_Collected data_.
▼
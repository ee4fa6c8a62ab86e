-- ===== src/Tests/Ending.antt =====
-- failover-provider/provider.py: the rounds of its loops on the host and on the cluster.
use zkdeal_cloud_deployer_in.Base.Json.{Json, arr, bool, float, int, null, obj, str}
use zkdeal_cloud_deployer_in.Provider.Ending.{Ended, Paced}
use zkdeal_cloud_deployer_in.Provider.Ending.Methods.{
  BothEnd, docker_methods_end, kubernetes_methods_end,
}
use zkdeal_cloud_deployer_in.Provider.Contract.Lawful.{docker_driver, kubernetes_driver}
use zkdeal_cloud_deployer_in.Tests.Platform.{
  host, host_config, host_settings, pause_lasts, pauses_grow,
}
use zkdeal_cloud_deployer_in.Tests.Cluster.{cluster, cluster_settings, integer}

host-Paced : Paced host
host-Paced = record { goes_on = pauses_grow; sleeps = pause_lasts; converts = λ value. tt }

integer-Ended : (value : Json) → Ended (integer value)
integer-Ended (int z) = tt
integer-Ended null = tt
integer-Ended (bool b) = tt
integer-Ended (float t) = tt
integer-Ended (str t) = tt
integer-Ended (arr a) = tt
integer-Ended (obj o) = tt

cluster-Paced : Paced cluster
cluster-Paced = record { goes_on = pauses_grow; sleeps = pause_lasts; converts = integer-Ended }

docker_methods_end_example : BothEnd host host_config (docker_driver host_settings host host_config)
docker_methods_end_example = docker_methods_end host host-Paced host_config host_settings

kubernetes_methods_end_example :
    BothEnd cluster host_config (kubernetes_driver cluster_settings cluster host_config)
kubernetes_methods_end_example =
    kubernetes_methods_end cluster cluster-Paced host_config cluster_settings
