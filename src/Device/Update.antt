-- ===== src/Device/Update.antt =====
-- nemu/src/device/device.c: device_update, over the events that SDL has queued. The screen `S` and
-- vga_update_screen are parameters.
pub mod Quit
mod Tests
use nju_ics2020_pa.Base.{
  ℕ, ◌%◌, Bool, true, false, not, List, [], ◌∷◌, Result, ok, ◌>>=◌, if◌then◌else◌,
}
use nju_ics2020_pa.Rtl.Machine.{NemuState, Phase, nemu_running, nemu_quit}
use nju_ics2020_pa.Device.Keyboard.{Keyboard, send_key}

-- The types of events that device_update tells apart, a key with its scan code.
pub data SdlEvent : Type 0 where
  sdl_quit other_event : SdlEvent
  sdl_keydown sdl_keyup : ℕ → SdlEvent

pub record Devices (S : Type 0) : Type 0 where
  pub device_update_flag : Bool
  pub nemu_state : NemuState
  pub keyboard : Keyboard
  pub screen : S

abbrev pub is_running : Phase → Bool
is_running p = elim p [ nemu_running ↦ true | _ ↦ false ]

module _ {S : Type 0} where
  pub set_device_update_flag : Devices S → Devices S
  set_device_update_flag d = record d { device_update_flag = true }

  -- `nemu_state.state = NEMU_QUIT`
  abbrev pub quit : Devices S → Devices S
  quit d = record d { nemu_state = record (d.nemu_state) { state = nemu_quit } }

module _ {S : Type 0} (keymap : ℕ → ℕ) (vga_update_screen : S → S) where
  pub on_key : ℕ → Bool → Devices S → Result (Devices S)
  on_key scancode is_keydown d = do
    k ← send_key keymap (is_running (d.nemu_state.state)) (scancode % 256) is_keydown d.keyboard
    ok (record d { keyboard = k })

  pub on_event : SdlEvent → Devices S → Result (Devices S)
  on_event sdl_quit d = ok (quit d)
  on_event other_event d = ok d
  on_event (sdl_keydown scancode) d = on_key scancode true d
  on_event (sdl_keyup scancode) d = on_key scancode false d

  pub poll_events : List SdlEvent → Devices S → Result (Devices S)
  poll_events [] d = ok d
  poll_events (e ∷ es) d = on_event e d >>= poll_events es

  pub device_update : List SdlEvent → Devices S → Result (Devices S)
  device_update events d =
      if not d.device_update_flag
      then ok d
      else poll_events events
          (record d { device_update_flag = false; screen = vga_update_screen d.screen })
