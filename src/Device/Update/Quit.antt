-- ===== src/Device/Update/Quit.antt =====
-- nemu/src/device/device.c: what the events behind SDL_QUIT do.
use nju_ics2020_pa.Base.{
  ℕ, ◌%◌, Bool, true, false, ◌≡◌, refl, ap, ◌∙◌, List, [], ◌∷◌, ◌++◌, Result, ok, stop, ◌>>=◌,
}
use nju_ics2020_pa.Device.Keyboard.Fifo.{send_key-stopped}
use nju_ics2020_pa.Device.Update.{
  SdlEvent, sdl_quit, other_event, sdl_keydown, sdl_keyup, Devices, quit, on_key, on_event,
  poll_events, device_update,
}

bind_tail {ℓ} :
    {A : Type ℓ} {B : Type ℓ} {C : Type ℓ} (r : Result A) (f : A → Result C) (g : A → Result B)
    (q : B → Result C)
    → ((a : A) → f a ≡ (g a >>= q))
    → (r >>= f) ≡ (r >>= g >>= q)
bind_tail (stop e) f g q h = refl
bind_tail (ok a) f g q h = h a

module _ {S : Type 0} (keymap : ℕ → ℕ) (vga_update_screen : S → S) where
  on_key-quit :
      (c : ℕ) (b : Bool) (d : Devices S)
      → on_key keymap vga_update_screen c b (quit d) ≡ ok (quit d)
  unfolding on_key
  on_key-quit c b d =
      ap (λ r. r >>= λ k. ok (record (quit d) { keyboard = k }))
        (send_key-stopped keymap (c % 256) b d.keyboard)

  on_event-quit :
      (e : SdlEvent) (d : Devices S) → on_event keymap vga_update_screen e (quit d) ≡ ok (quit d)
  unfolding on_event
  on_event-quit sdl_quit d = refl
  on_event-quit other_event d = refl
  on_event-quit (sdl_keydown c) d = on_key-quit c true d
  on_event-quit (sdl_keyup c) d = on_key-quit c false d

  poll_events-quit :
      (es : List SdlEvent) (d : Devices S)
      → poll_events keymap vga_update_screen es (quit d) ≡ ok (quit d)
  unfolding poll_events
  poll_events-quit [] d = refl
  poll_events-quit (e ∷ es) d =
      ap (λ r. r >>= poll_events keymap vga_update_screen es) (on_event-quit e d)
      ∙ poll_events-quit es d

  poll_events-append :
      (es fs : List SdlEvent) (d : Devices S)
      → poll_events keymap vga_update_screen (es ++ sdl_quit ∷ fs) d
        ≡ (poll_events keymap vga_update_screen es d >>= λ x. ok (quit x))
  unfolding poll_events on_event
  poll_events-append [] fs d = poll_events-quit fs d
  poll_events-append (e ∷ es) fs d =
      bind_tail (on_event keymap vga_update_screen e d)
        (poll_events keymap vga_update_screen (es ++ sdl_quit ∷ fs))
        (poll_events keymap vga_update_screen es) (λ x. ok (quit x)) (poll_events-append es fs)

  -- If the flag is set and the user closes the window after the events `es`, whatever SDL has queued
  -- behind that has no effect: the events before it are handled, keys included, an assertion of theirs
  -- is the result, and otherwise the state is NEMU_QUIT.
  pub device_update-quit :
      (es fs : List SdlEvent) (d : Devices S)
      → d.device_update_flag ≡ true
      → device_update keymap vga_update_screen (es ++ sdl_quit ∷ fs) d
        ≡ (device_update keymap vga_update_screen es d >>= λ x. ok (quit x))
  unfolding device_update
  device_update-quit es fs d h = rw (h, poll_events-append es fs)
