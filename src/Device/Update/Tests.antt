-- ===== src/Device/Update/Tests.antt =====
-- device_update on an example: a key is pressed, the window is closed, and the key is released.
use nju_ics2020_pa.Base.{ℕ, ◌+◌, true, List, [], ◌∷◌, ◌++◌, ◌≡◌, refl, ok, ◌>>=◌}
use nju_ics2020_pa.Rtl.Machine.{nemu_running}
use nju_ics2020_pa.Device.Keyboard.{init_i8042}
use nju_ics2020_pa.Device.Update.{
  Devices, SdlEvent, sdl_quit, sdl_keydown, sdl_keyup, quit, device_update,
}
use nju_ics2020_pa.Device.Update.Quit.{device_update-quit}

abbrev keymap : ℕ → ℕ
keymap c = c + 1

-- The screen counts its updates.
abbrev refresh : ℕ → ℕ
refresh n = n + 1

abbrev devices : Devices ℕ
devices = record {
  device_update_flag = true;
  nemu_state = record { state = nemu_running; halt_pc = 0; halt_ret = 0 };
  keyboard = init_i8042;
  screen = 0;
}

abbrev before : List SdlEvent
before = sdl_keydown 30 ∷ []

abbrev behind : List SdlEvent
behind = sdl_keyup 30 ∷ []

device_update-quit_example :
    device_update keymap refresh (before ++ sdl_quit ∷ behind) devices
    ≡ (device_update keymap refresh before devices >>= λ x. ok (quit x))
device_update-quit_example = device_update-quit keymap refresh before behind devices refl
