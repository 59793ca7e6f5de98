-- ===== src/Difftest.antt =====
-- nemu/src/monitor/difftest/dut.c: the difference test against a reference. `R` is the state of the
-- reference and `C` the registers. What the shared object provides is an argument,
-- and the numbers of instructions are not negative.
pub mod Step
mod Tests
use nju_ics2020_pa.Base.{
  ℕ, zero, suc, ◌+◌, ◌-◌, Bool, true, false, ltb, ◌==◌, if◌then◌else◌, Result, ok, stop, assertion,
}
use nju_ics2020_pa.Rtl.Machine.{NemuState, nemu_abort}

-- `is_skip_ref` and `skip_dut_nr_instr`, the reference, and the emulator's registers and state.
pub record Difftest (R C : Type 0) : Type 0 where
  pub is_skip_ref : Bool
  pub skip_dut_nr_instr : ℕ
  pub ref : R
  pub cpu : C
  pub nemu_state : NemuState

-- `ref_difftest_exec(1)`, `ref_difftest_getregs`, `ref_difftest_setregs`, the member `pc`, and
-- `isa_difftest_checkregs`.
pub record Ref (R C : Type 0) : Type 0 where
  pub exec : R → R
  pub getregs : R → C
  pub setregs : C → R → R
  pub pc_of : C → ℕ
  pub checkregs : C → ℕ → C → Bool

module _ {R C : Type 0} where
  pub difftest_skip_ref : Difftest R C → Difftest R C
  difftest_skip_ref d = record d { is_skip_ref = true; skip_dut_nr_instr = 0 }

  module _ (lib : Ref R C) where
    exec_loop : ℕ → R → R
    exec_loop zero r = r
    exec_loop (suc n) r = exec_loop n (lib.exec r)

    pub difftest_skip_dut : ℕ → ℕ → Difftest R C → Difftest R C
    difftest_skip_dut nr_ref nr_dut d = record d {
      skip_dut_nr_instr = d.skip_dut_nr_instr + nr_dut;
      ref = exec_loop nr_ref d.ref;
    }

    -- `checkregs` keeps `halt_ret`.
    pub checkregs : C → ℕ → Difftest R C → Difftest R C
    checkregs ref_r pc d =
        if lib.checkregs ref_r pc d.cpu
        then d
        else record d { nemu_state = record d.nemu_state { state = nemu_abort; halt_pc = pc } }

    -- The case that the emulator catches up with the reference.
    pub catch_up : ℕ → ℕ → Difftest R C → Result (Difftest R C)
    catch_up this_pc next_pc d =
        let ref_r = lib.getregs d.ref in
        if lib.pc_of ref_r == next_pc
        then ok (record (checkregs ref_r next_pc d) { skip_dut_nr_instr = 0 })
        else if d.skip_dut_nr_instr - 1 == 0
        then stop assertion
        else ok (record d { skip_dut_nr_instr = d.skip_dut_nr_instr - 1 })

    pub difftest_step : ℕ → ℕ → Difftest R C → Result (Difftest R C)
    difftest_step this_pc next_pc d =
        if ltb 0 d.skip_dut_nr_instr
        then catch_up this_pc next_pc d
        else if d.is_skip_ref
        then ok (record d { ref = lib.setregs d.cpu d.ref; is_skip_ref = false })
        else (let r = lib.exec d.ref in
            ok (checkregs (lib.getregs r) this_pc (record d { ref = r })))
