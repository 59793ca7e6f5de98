-- ===== src/Difftest/Step.antt =====
-- Catching up with a reference that ran ahead.
use nju_ics2020_pa.Base.{
  ℕ, zero, suc, ◌-◌, ◌≤◌, ◌≡◌, ◌≢◌, refl, true, false, List, [], ◌∷◌, ◌++◌, ltb, ◌==◌, Result, ok,
  stop, assertion, ◌>>=◌, arith, ap, ◌∙◌, length, Bool-cases, inl, inr,
}
use nju_ics2020_pa.Difftest.{Difftest, Ref, checkregs, catch_up, difftest_step}

-- An instruction of the emulator: its address, the next one, and the registers behind it.
pub record Step (C : Type 0) : Type 0 where
  pub this_pc : ℕ
  pub next_pc : ℕ
  pub regs : C

module _ {R C : Type 0} (lib : Ref R C) where
  -- Instructions, each with its difference test.
  pub run : List (Step C) → Difftest R C → Result (Difftest R C)
  run [] d = ok d
  run (i ∷ is) d =
      difftest_step lib i.this_pc i.next_pc (record d { cpu = i.regs }) >>= λ d'. run is d'

  -- Where the reference is.
  abbrev pub target : Difftest R C → ℕ
  target d = lib.pc_of (lib.getregs d.ref)

  abbrev pub Misses : ℕ → List (Step C) → Type 0
  Misses pc [] = Unit {0}
  Misses pc (i ∷ is) = (pc ≢ i.next_pc) × Misses pc is

  step-miss :
      (i : Step C) (is : List (Step C)) (n : ℕ) (d : Difftest R C)
      → d.skip_dut_nr_instr ≡ suc (suc n)
      → target d ≢ i.next_pc
      → run (i ∷ is) d ≡ run is (record d { cpu = i.regs; skip_dut_nr_instr = suc n })
  unfolding run difftest_step catch_up
  step-miss i is n d k miss =
      let behind_ : ltb 0 d.skip_dut_nr_instr ≡ true = ground arith in
      let apart : (target d == i.next_pc) ≡ false = ground arith in
      let left : (suc n == 0) ≡ false = ground arith in
      let less : d.skip_dut_nr_instr - 1 ≡ suc n = omega (arith, k) in
      simp (behind_, apart, less, left) refl

  step-lost :
      (i : Step C) (is : List (Step C)) (d : Difftest R C)
      → d.skip_dut_nr_instr ≡ 1
      → target d ≢ i.next_pc
      → run (i ∷ is) d ≡ stop assertion
  unfolding run difftest_step catch_up
  step-lost i is d k miss =
      let behind_ : ltb 0 d.skip_dut_nr_instr ≡ true = ground arith in
      let apart : (target d == i.next_pc) ≡ false = ground arith in
      let left : (d.skip_dut_nr_instr - 1 == 0) ≡ true = ground arith in
      simp (behind_, apart, left) refl

  -- The order of the comparison and the reset does not matter.
  reset-checkregs :
      (r : C) (pc : ℕ) (d : Difftest R C)
      → record (checkregs lib r pc d) { skip_dut_nr_instr = 0 }
        ≡ checkregs lib r pc (record d { skip_dut_nr_instr = 0 })
  unfolding checkregs
  reset-checkregs r pc d = elim (Bool-cases (lib.checkregs r pc d.cpu)) [
    | inl same ↦ rw same refl
    | inr other ↦ rw other refl
  ]

  step-hit :
      (i : Step C) (n : ℕ) (d : Difftest R C)
      → d.skip_dut_nr_instr ≡ suc n
      → target d ≡ i.next_pc
      → run (i ∷ []) d
        ≡ ok (
            checkregs lib
              (lib.getregs d.ref)
              i.next_pc
              (record d { cpu = i.regs; skip_dut_nr_instr = 0 }))
  unfolding run difftest_step catch_up
  step-hit i n d k hit =
      let behind_ : ltb 0 d.skip_dut_nr_instr ≡ true = ground arith in
      let met : (target d == i.next_pc) ≡ true = ground arith in
      simp (behind_, met)
        (ap (λ (x : Difftest R C). ok x)
          (reset-checkregs (lib.getregs d.ref) i.next_pc (record d { cpu = i.regs })))

  -- While the emulator has instructions left to catch up with, and none of them leads to where the
  -- reference is, the test only counts. At the first one that leads there the registers are compared,
  -- and the count is reset.
  pub run-caught_up :
      (is : List (Step C)) (i : Step C) (n : ℕ) (d : Difftest R C)
      → d.skip_dut_nr_instr ≡ suc n
      → length is ≤ n
      → Misses (target d) is
      → target d ≡ i.next_pc
      → run (is ++ i ∷ []) d
        ≡ ok (
            checkregs lib
              (lib.getregs d.ref)
              i.next_pc
              (record d { cpu = i.regs; skip_dut_nr_instr = 0 }))
  run-caught_up [] i n d k room miss hit = step-hit i n d k hit
  run-caught_up (j ∷ is) i zero d k room miss hit = absurd (omega arith)
  run-caught_up (j ∷ is) i (suc n) d k room miss hit =
      step-miss j (is ++ i ∷ []) n d k miss.0
      ∙ run-caught_up is i n (record d { cpu = j.regs; skip_dut_nr_instr = suc n }) refl
          (omega arith) miss.1 hit

  abbrev pub last_regs : List (Step C) → C → C
  last_regs [] c = c
  last_regs (i ∷ is) c = last_regs is i.regs

  -- As long as instructions are left to catch up with, the test does no more than count.
  run-counts :
      (is : List (Step C)) (n : ℕ) (d : Difftest R C)
      → d.skip_dut_nr_instr ≡ suc n
      → length is ≤ n
      → Misses (target d) is
      → run is d ≡ ok (record d { cpu = last_regs is d.cpu; skip_dut_nr_instr = suc n - length is })
  unfolding run
  run-counts [] n d k room miss =
      ap (λ x. ok (record d { skip_dut_nr_instr = x })) (k ∙ omega arith)
  run-counts (i ∷ is) zero d k room miss = absurd (omega arith)
  run-counts (i ∷ is) (suc n) d k room miss =
      step-miss i is n d k miss.0
      ∙ run-counts is n (record d { cpu = i.regs; skip_dut_nr_instr = suc n }) refl (omega arith)
          miss.1
      ∙ ap (λ x. ok (record d { cpu = last_regs is i.regs; skip_dut_nr_instr = x })) (omega arith)

  lost :
      (is : List (Step C)) (i : Step C) (n : ℕ) (d : Difftest R C)
      → d.skip_dut_nr_instr ≡ suc n
      → length is ≡ n
      → Misses (target d) is
      → target d ≢ i.next_pc
      → run (is ++ i ∷ []) d ≡ stop assertion
  lost [] i zero d k all miss far = step-lost i [] d k far
  lost [] i (suc n) d k all miss far = absurd (omega arith)
  lost (j ∷ is) i zero d k all miss far = absurd (omega arith)
  lost (j ∷ is) i (suc n) d k all miss far =
      step-miss j (is ++ i ∷ []) n d k miss.0
      ∙ lost is i n (record d { cpu = j.regs; skip_dut_nr_instr = suc n }) refl (omega arith) miss.1
          far

  -- While the emulator has instructions left to catch up with, and none of them leads to where the
  -- reference is, the test does no more than count, up to the last but one: it compares nothing, stops
  -- nothing, and leaves the reference alone, and one instruction is left. If the last one does not lead
  -- there either, it panics.
  pub run-lost :
      (is : List (Step C)) (i : Step C) (n : ℕ) (d : Difftest R C)
      → d.skip_dut_nr_instr ≡ suc n
      → length is ≡ n
      → Misses (target d) is
      → target d ≢ i.next_pc
      → (run is d ≡ ok (record d { cpu = last_regs is d.cpu; skip_dut_nr_instr = 1 }))
        × (run (is ++ i ∷ []) d ≡ stop assertion)
  run-lost is i n d k all miss far = (
    run-counts is n d k (omega arith) miss
        ∙ ap (λ x. ok (record d { cpu = last_regs is d.cpu; skip_dut_nr_instr = x })) (omega arith),
    lost is i n d k all miss far,
  )
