-- ===== src/Difftest/Tests.antt =====
-- A reference that ran ahead.
use nju_ics2020_pa.Base.{ℕ, ◌+◌, ◌≡◌, refl, false, [], ◌∷◌, ok, stop, assertion, arith, ◌==◌}
use nju_ics2020_pa.Rtl.Machine.{nemu_running}
use nju_ics2020_pa.Difftest.{Difftest, Ref, checkregs}
use nju_ics2020_pa.Difftest.Step.{Step, run, run-caught_up, run-lost}

-- The state of the reference is its program counter, and so are the registers.
abbrev lib : Ref ℕ ℕ
lib = record {
  exec = λ r. r + 4;
  getregs = λ r. r;
  setregs = λ c r. c;
  pc_of = λ c. c;
  checkregs = λ c pc d. c == d;
}

-- The reference is at 108, and two instructions may pass.
abbrev ahead : Difftest ℕ ℕ
ahead = record {
  is_skip_ref = false;
  skip_dut_nr_instr = 2;
  ref = 108;
  cpu = 100;
  nemu_state = record { state = nemu_running; halt_pc = 0; halt_ret = 0 };
}

abbrev at : ℕ → Step ℕ
at pc = record { this_pc = pc; next_pc = pc + 4; regs = pc + 4 }

run-caught_up_example :
    run lib (at 100 ∷ at 104 ∷ []) ahead
    ≡ ok (checkregs lib 108 108 (record ahead { cpu = 108; skip_dut_nr_instr = 0 }))
run-caught_up_example =
    run-caught_up lib (at 100 ∷ []) (at 104) 1 ahead refl (omega arith)
      ((λ e. absurd (omega (arith, e))), tt) refl

run-lost_example :
    (run lib (at 200 ∷ []) ahead ≡ ok (record ahead { cpu = 204; skip_dut_nr_instr = 1 }))
    × (run lib (at 200 ∷ at 204 ∷ []) ahead ≡ stop assertion)
run-lost_example =
    run-lost lib (at 200 ∷ []) (at 204) 1 ahead refl refl ((λ e. absurd (omega (arith, e))), tt)
      (λ e. absurd (omega (arith, e)))
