-- ===== src/Expr/Token.antt =====
-- The token types of expr.c, its table of rules, and precedences.
use nju_ics2020_pa.Base.{
  ℕ, ◌≡◌, Bool, true, ◌&&◌, ◌||◌, List, [], ◌∷◌, ltb, ◌==◌, if◌then◌else◌, Result, ok, stop,
  out_of_fuel, ◌≢◌, arith, ◌>>◌, assert,
}
use nju_ics2020_pa.Base.CString.{is_digit, is_alpha}

-- The enumeration; `TK_OP_START` and `TK_OP_END` only mark its middle part.
pub data TokenType : Type 0 where
  tk_notype tk_plus tk_sub tk_mux tk_div tk_lbrkt tk_rbrkt tk_eq tk_neq tk_and : TokenType
  tk_reg tk_deref tk_num tk_hex_num tk_invaild : TokenType

-- The values of the enumerators.
abbrev pub token_code : TokenType → ℕ
token_code tk_notype = 256
token_code tk_plus = 258
token_code tk_sub = 259
token_code tk_mux = 260
token_code tk_div = 261
token_code tk_lbrkt = 262
token_code tk_rbrkt = 263
token_code tk_eq = 264
token_code tk_neq = 265
token_code tk_and = 266
token_code tk_reg = 268
token_code tk_deref = 269
token_code tk_num = 270
token_code tk_hex_num = 271
token_code tk_invaild = 272

abbrev tk_op_start : ℕ
tk_op_start = 257

abbrev tk_op_end : ℕ
tk_op_end = 267

abbrev pub token_is_vaild_op : TokenType → Bool
token_is_vaild_op t = ltb tk_op_start (token_code t) && ltb (token_code t) tk_op_end

-- `struct token`: the bytes of `str` up to its NUL.
pub record Token : Type 0 where
  pub type : TokenType
  pub str : List ℕ

-- The regular expressions of the table are rows of characters of a class, once, one or more times
-- (`+`), or at most once (`?`).
pub data Piece : Type 0 where
  once many optional : (ℕ → Bool) → Piece

pub record Rule : Type 0 where
  pub regex : List Piece
  pub token_type : TokenType
  pub precedence : ℕ

abbrev pub char : ℕ → Piece
char c = once (λ d. d == c)

abbrev pub rule : List Piece → TokenType → ℕ → Rule
rule r t p = record { regex = r; token_type = t; precedence = p }

abbrev pub uchar_max : ℕ
uchar_max = 255

-- `0[xX][0-9]+U?`
abbrev hex_regex : List Piece
hex_regex =
    char b'0' ∷ once (λ c. c == b'x' || c == b'X') ∷ many is_digit ∷ optional (λ c. c == b'U') ∷ []

abbrev pub rules : List Rule
rules =
    rule (many (λ c. c == b' ') ∷ []) tk_notype uchar_max
    ∷ rule (char b'+' ∷ []) tk_plus 4
    ∷ rule (char b'-' ∷ []) tk_sub 4
    ∷ rule (char b'*' ∷ []) tk_mux 3
    ∷ rule (char b'/' ∷ []) tk_div 3
    ∷ rule (char b'(' ∷ []) tk_lbrkt 1
    ∷ rule (char b')' ∷ []) tk_rbrkt 1
    ∷ rule (char b'=' ∷ char b'=' ∷ []) tk_eq 7
    ∷ rule (char b'!' ∷ char b'=' ∷ []) tk_neq 7
    ∷ rule (char b'&' ∷ char b'&' ∷ []) tk_and 11
    ∷ rule (char b'$' ∷ many is_alpha ∷ []) tk_reg uchar_max
    ∷ rule hex_regex tk_hex_num uchar_max
    ∷ rule (many is_digit ∷ optional (λ c. c == b'U') ∷ []) tk_num uchar_max
    ∷ []

abbrev pub same_type : TokenType → TokenType → Bool
same_type a b = token_code a == token_code b

abbrev find_precedence : List Rule → TokenType → ℕ
find_precedence [] t = uchar_max
find_precedence (r ∷ rs) t = if same_type r.token_type t then r.precedence else find_precedence rs t

abbrev pub get_precedence : TokenType → ℕ
get_precedence = find_precedence rules

pub priority_is_higher : TokenType → TokenType → Result Bool
priority_is_higher op1 op2 = do
  assert (token_is_vaild_op op1)
  assert (token_is_vaild_op op2)
  ok (ltb (get_precedence op1) (get_precedence op2))

pub priority_is_higher-ok :
    (a b : TokenType)
    → token_is_vaild_op a ≡ true
    → token_is_vaild_op b ≡ true
    → priority_is_higher a b ≡ ok (ltb (get_precedence a) (get_precedence b))
unfolding priority_is_higher
priority_is_higher-ok a b h k = rw (h, k)

pub priority_is_higher-ne-fuel : (a b : TokenType) → priority_is_higher a b ≢ stop out_of_fuel
unfolding priority_is_higher
priority_is_higher-ne-fuel a b = ground arith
▲
_HOW TO COMPLETE THIS TASK_.
Find the word "scancode" in the data and copy out each line where it turns up.

_OUTPUT OF THE TASK_.
  on_key scancode is_keydown d = do
    k ← send_key keymap (is_running (d.nemu_state.state)) (scancode % 256) is_keydown d.keyboard
  on_event (sdl_keydown scancode) d = on_key scancode true d
  on_event (sdl_keyup scancode) d = on_key scancode false d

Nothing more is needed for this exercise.